DIRECTIONS — In the entries that follow, the lines from the one with "length-sort_peers (p ∷" through the one with "(p : Peer) (ps : List Peer)" are the ones to write out, exactly and with both ends included. Nothing else should appear.
#### DATASET ENTRIES ####
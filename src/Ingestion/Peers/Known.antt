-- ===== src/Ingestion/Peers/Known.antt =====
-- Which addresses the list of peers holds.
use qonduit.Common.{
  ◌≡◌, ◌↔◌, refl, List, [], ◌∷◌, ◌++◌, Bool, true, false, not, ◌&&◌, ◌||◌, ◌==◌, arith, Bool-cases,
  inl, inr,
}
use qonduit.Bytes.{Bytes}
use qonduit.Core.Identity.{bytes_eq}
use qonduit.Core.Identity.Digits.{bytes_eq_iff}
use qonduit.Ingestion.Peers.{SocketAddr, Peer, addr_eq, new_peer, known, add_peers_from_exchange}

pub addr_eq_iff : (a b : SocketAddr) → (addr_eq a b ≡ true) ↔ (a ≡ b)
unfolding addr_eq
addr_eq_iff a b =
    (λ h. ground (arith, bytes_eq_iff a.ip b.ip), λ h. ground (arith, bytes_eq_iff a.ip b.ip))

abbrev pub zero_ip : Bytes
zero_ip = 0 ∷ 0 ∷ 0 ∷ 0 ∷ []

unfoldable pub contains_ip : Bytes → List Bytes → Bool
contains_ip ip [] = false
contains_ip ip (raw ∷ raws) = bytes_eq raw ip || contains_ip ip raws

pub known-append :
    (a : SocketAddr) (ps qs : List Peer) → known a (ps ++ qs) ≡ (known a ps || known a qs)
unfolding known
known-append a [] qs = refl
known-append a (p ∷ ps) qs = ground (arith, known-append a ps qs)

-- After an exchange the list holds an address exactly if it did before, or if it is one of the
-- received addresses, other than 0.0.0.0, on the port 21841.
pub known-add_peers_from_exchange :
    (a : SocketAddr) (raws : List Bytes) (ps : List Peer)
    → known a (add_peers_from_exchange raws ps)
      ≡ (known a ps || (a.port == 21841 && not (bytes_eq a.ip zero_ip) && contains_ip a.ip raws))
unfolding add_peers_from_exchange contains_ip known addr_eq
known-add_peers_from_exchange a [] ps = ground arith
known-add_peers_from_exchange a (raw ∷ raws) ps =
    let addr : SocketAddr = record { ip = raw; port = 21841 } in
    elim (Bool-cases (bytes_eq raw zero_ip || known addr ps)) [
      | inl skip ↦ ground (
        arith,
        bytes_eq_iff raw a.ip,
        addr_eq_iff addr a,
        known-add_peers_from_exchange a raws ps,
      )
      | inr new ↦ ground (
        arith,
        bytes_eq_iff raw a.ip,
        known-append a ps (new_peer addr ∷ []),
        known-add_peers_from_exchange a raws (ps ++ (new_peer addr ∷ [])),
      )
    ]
####
#### DATASET ENTRIES ####
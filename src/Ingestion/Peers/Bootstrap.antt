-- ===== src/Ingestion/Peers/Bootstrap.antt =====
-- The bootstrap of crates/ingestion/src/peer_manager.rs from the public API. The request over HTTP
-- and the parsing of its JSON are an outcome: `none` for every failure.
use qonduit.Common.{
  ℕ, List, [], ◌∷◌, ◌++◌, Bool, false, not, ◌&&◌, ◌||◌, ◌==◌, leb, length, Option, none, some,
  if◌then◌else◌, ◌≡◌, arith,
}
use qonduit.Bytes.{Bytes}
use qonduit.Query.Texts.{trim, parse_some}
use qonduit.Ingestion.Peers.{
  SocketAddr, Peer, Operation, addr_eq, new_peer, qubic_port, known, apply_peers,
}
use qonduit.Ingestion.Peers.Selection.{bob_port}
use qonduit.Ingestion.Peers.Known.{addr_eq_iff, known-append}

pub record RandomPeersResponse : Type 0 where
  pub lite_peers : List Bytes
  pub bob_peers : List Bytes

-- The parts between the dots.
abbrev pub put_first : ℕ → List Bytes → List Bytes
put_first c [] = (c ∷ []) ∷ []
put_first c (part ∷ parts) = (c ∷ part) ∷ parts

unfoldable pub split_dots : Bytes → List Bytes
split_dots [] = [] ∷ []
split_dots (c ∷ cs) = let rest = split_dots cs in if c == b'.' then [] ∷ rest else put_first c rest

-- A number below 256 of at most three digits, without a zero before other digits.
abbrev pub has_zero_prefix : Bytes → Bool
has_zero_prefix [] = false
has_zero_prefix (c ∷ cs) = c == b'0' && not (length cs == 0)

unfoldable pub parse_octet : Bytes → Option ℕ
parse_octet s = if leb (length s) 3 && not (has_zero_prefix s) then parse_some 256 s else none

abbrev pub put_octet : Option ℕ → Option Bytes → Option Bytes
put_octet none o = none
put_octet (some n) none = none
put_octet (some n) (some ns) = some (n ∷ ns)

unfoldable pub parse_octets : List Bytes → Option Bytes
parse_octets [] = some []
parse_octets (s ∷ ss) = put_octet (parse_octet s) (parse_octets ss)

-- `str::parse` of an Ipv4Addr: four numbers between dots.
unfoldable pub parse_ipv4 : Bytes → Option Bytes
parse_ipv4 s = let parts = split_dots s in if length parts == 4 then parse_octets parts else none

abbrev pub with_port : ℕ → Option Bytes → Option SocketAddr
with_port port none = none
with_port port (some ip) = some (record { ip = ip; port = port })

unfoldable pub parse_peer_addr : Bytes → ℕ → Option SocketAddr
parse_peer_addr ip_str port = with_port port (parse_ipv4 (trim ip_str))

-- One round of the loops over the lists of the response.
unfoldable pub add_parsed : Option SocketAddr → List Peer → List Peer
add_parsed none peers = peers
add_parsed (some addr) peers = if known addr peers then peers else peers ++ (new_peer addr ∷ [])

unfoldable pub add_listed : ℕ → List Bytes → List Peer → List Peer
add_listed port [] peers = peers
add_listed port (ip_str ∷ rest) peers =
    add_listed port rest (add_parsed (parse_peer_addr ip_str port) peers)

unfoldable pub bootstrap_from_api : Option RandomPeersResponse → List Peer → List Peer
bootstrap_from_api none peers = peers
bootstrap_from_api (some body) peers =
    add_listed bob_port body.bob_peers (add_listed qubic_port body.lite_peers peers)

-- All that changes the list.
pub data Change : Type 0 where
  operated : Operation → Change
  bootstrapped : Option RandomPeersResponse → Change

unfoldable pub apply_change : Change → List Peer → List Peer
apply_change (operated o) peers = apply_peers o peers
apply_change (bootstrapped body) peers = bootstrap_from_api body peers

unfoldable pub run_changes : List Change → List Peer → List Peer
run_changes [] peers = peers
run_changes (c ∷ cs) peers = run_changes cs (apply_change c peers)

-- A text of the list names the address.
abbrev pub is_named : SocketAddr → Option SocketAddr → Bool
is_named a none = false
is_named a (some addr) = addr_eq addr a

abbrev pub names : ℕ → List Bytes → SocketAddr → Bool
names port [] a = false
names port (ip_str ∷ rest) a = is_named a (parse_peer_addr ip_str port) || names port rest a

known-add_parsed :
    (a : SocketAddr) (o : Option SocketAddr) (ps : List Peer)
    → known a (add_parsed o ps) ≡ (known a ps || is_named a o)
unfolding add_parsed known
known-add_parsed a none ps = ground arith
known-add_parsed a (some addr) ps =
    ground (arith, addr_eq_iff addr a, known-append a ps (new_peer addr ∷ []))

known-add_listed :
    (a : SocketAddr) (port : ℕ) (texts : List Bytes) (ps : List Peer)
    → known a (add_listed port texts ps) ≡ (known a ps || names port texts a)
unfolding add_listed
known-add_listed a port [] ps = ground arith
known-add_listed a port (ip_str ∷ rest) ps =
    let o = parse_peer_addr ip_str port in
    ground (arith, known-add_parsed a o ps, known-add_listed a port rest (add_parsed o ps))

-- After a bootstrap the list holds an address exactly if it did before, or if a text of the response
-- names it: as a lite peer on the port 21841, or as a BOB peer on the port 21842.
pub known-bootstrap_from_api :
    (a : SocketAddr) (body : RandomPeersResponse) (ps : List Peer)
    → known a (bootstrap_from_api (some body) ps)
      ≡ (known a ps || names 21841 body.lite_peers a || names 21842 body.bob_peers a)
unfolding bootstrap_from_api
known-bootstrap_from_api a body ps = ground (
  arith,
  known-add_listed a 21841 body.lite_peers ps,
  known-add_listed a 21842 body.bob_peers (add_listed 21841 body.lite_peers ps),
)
####
#### DATASET ENTRIES ####
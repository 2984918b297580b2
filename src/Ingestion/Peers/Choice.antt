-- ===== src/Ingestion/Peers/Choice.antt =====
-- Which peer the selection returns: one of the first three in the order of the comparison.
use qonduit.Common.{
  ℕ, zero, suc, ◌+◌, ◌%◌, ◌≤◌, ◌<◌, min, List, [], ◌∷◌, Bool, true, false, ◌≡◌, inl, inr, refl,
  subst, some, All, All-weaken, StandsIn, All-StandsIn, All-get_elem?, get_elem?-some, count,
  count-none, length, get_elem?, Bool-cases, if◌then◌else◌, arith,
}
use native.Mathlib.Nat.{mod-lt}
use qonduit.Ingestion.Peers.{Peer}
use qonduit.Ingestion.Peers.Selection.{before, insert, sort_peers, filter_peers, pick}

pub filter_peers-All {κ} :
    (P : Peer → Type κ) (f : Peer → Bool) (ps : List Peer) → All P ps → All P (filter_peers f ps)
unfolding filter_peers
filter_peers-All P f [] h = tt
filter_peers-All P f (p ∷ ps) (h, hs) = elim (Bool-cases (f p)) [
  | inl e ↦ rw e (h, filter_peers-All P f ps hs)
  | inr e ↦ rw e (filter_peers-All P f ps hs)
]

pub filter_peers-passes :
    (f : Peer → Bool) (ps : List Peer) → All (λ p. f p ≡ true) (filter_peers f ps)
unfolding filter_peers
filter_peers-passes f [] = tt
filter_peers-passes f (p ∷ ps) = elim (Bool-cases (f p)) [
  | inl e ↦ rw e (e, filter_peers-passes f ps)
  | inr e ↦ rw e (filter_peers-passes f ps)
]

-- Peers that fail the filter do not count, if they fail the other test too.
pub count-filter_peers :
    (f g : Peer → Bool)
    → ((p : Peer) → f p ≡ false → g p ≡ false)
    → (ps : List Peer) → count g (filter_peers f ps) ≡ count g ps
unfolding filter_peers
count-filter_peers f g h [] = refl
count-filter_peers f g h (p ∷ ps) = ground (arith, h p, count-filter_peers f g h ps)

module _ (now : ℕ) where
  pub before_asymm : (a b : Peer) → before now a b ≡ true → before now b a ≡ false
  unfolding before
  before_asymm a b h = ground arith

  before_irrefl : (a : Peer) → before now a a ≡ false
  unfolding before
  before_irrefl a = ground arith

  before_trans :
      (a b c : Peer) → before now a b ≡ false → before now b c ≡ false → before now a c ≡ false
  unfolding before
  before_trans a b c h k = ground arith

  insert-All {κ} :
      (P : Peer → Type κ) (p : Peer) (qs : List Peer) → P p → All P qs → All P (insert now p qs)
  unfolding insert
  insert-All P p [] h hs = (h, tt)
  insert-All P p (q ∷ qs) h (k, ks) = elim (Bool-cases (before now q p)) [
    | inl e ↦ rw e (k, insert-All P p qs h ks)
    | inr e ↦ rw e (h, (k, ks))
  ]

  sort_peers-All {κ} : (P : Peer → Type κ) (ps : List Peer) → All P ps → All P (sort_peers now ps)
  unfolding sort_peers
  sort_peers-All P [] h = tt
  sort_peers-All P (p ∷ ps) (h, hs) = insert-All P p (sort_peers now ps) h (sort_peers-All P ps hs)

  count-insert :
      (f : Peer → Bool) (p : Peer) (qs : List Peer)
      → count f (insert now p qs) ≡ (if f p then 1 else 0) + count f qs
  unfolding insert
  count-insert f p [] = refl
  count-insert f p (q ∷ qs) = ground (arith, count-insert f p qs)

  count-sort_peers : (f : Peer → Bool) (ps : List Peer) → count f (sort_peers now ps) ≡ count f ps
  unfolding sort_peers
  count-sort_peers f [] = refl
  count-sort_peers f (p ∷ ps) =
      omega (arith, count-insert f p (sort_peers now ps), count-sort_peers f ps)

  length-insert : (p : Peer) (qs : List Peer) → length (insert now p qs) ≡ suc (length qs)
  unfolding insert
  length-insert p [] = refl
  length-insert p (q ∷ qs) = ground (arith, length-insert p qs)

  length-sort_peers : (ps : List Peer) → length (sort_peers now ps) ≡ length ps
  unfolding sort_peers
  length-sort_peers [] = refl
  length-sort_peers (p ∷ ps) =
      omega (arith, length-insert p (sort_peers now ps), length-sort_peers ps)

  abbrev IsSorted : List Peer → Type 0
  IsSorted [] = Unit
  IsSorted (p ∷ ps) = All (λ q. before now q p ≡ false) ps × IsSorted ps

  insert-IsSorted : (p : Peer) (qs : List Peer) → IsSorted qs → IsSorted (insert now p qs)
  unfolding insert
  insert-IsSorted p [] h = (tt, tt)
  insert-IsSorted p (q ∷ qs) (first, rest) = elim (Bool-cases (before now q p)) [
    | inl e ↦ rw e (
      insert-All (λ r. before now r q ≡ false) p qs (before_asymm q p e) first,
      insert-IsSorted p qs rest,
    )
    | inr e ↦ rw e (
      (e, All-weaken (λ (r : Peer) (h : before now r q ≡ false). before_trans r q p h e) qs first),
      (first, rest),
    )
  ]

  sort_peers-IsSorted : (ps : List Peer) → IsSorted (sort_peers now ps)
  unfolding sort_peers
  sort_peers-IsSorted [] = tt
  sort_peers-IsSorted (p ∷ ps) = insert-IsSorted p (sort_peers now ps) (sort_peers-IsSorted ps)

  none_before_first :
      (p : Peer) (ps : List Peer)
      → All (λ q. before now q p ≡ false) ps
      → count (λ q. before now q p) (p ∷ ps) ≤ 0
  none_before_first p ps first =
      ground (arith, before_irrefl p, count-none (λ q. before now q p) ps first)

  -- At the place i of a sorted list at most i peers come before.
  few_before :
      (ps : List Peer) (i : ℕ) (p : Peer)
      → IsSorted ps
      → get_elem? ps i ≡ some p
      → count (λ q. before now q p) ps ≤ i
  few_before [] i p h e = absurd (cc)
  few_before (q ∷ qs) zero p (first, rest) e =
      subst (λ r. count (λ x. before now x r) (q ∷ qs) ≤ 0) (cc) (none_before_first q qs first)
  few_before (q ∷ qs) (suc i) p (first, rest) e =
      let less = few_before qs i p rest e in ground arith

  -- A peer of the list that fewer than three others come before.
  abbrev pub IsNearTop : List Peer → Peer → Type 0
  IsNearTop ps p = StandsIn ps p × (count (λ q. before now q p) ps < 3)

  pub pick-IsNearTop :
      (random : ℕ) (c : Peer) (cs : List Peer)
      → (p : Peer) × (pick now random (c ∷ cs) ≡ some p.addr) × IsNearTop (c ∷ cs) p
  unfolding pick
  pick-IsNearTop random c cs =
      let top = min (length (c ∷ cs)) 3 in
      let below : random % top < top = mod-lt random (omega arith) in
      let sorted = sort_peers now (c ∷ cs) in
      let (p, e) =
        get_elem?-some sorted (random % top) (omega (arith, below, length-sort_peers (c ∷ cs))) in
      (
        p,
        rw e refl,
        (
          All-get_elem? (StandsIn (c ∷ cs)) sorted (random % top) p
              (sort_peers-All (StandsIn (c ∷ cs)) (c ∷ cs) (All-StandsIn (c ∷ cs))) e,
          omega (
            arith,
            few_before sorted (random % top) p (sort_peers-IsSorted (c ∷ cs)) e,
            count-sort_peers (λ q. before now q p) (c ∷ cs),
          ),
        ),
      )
####
OUTPUT —
  length-sort_peers (p ∷ ps) =
      omega (arith, length-insert p (sort_peers now ps), length-sort_peers ps)

  abbrev IsSorted : List Peer → Type 0
  IsSorted [] = Unit
  IsSorted (p ∷ ps) = All (λ q. before now q p ≡ false) ps × IsSorted ps

  insert-IsSorted : (p : Peer) (qs : List Peer) → IsSorted qs → IsSorted (insert now p qs)
  unfolding insert
  insert-IsSorted p [] h = (tt, tt)
  insert-IsSorted p (q ∷ qs) (first, rest) = elim (Bool-cases (before now q p)) [
    | inl e ↦ rw e (
      insert-All (λ r. before now r q ≡ false) p qs (before_asymm q p e) first,
      insert-IsSorted p qs rest,
    )
    | inr e ↦ rw e (
      (e, All-weaken (λ (r : Peer) (h : before now r q ≡ false). before_trans r q p h e) qs first),
      (first, rest),
    )
  ]

  sort_peers-IsSorted : (ps : List Peer) → IsSorted (sort_peers now ps)
  unfolding sort_peers
  sort_peers-IsSorted [] = tt
  sort_peers-IsSorted (p ∷ ps) = insert-IsSorted p (sort_peers now ps) (sort_peers-IsSorted ps)

  none_before_first :
      (p : Peer) (ps : List Peer)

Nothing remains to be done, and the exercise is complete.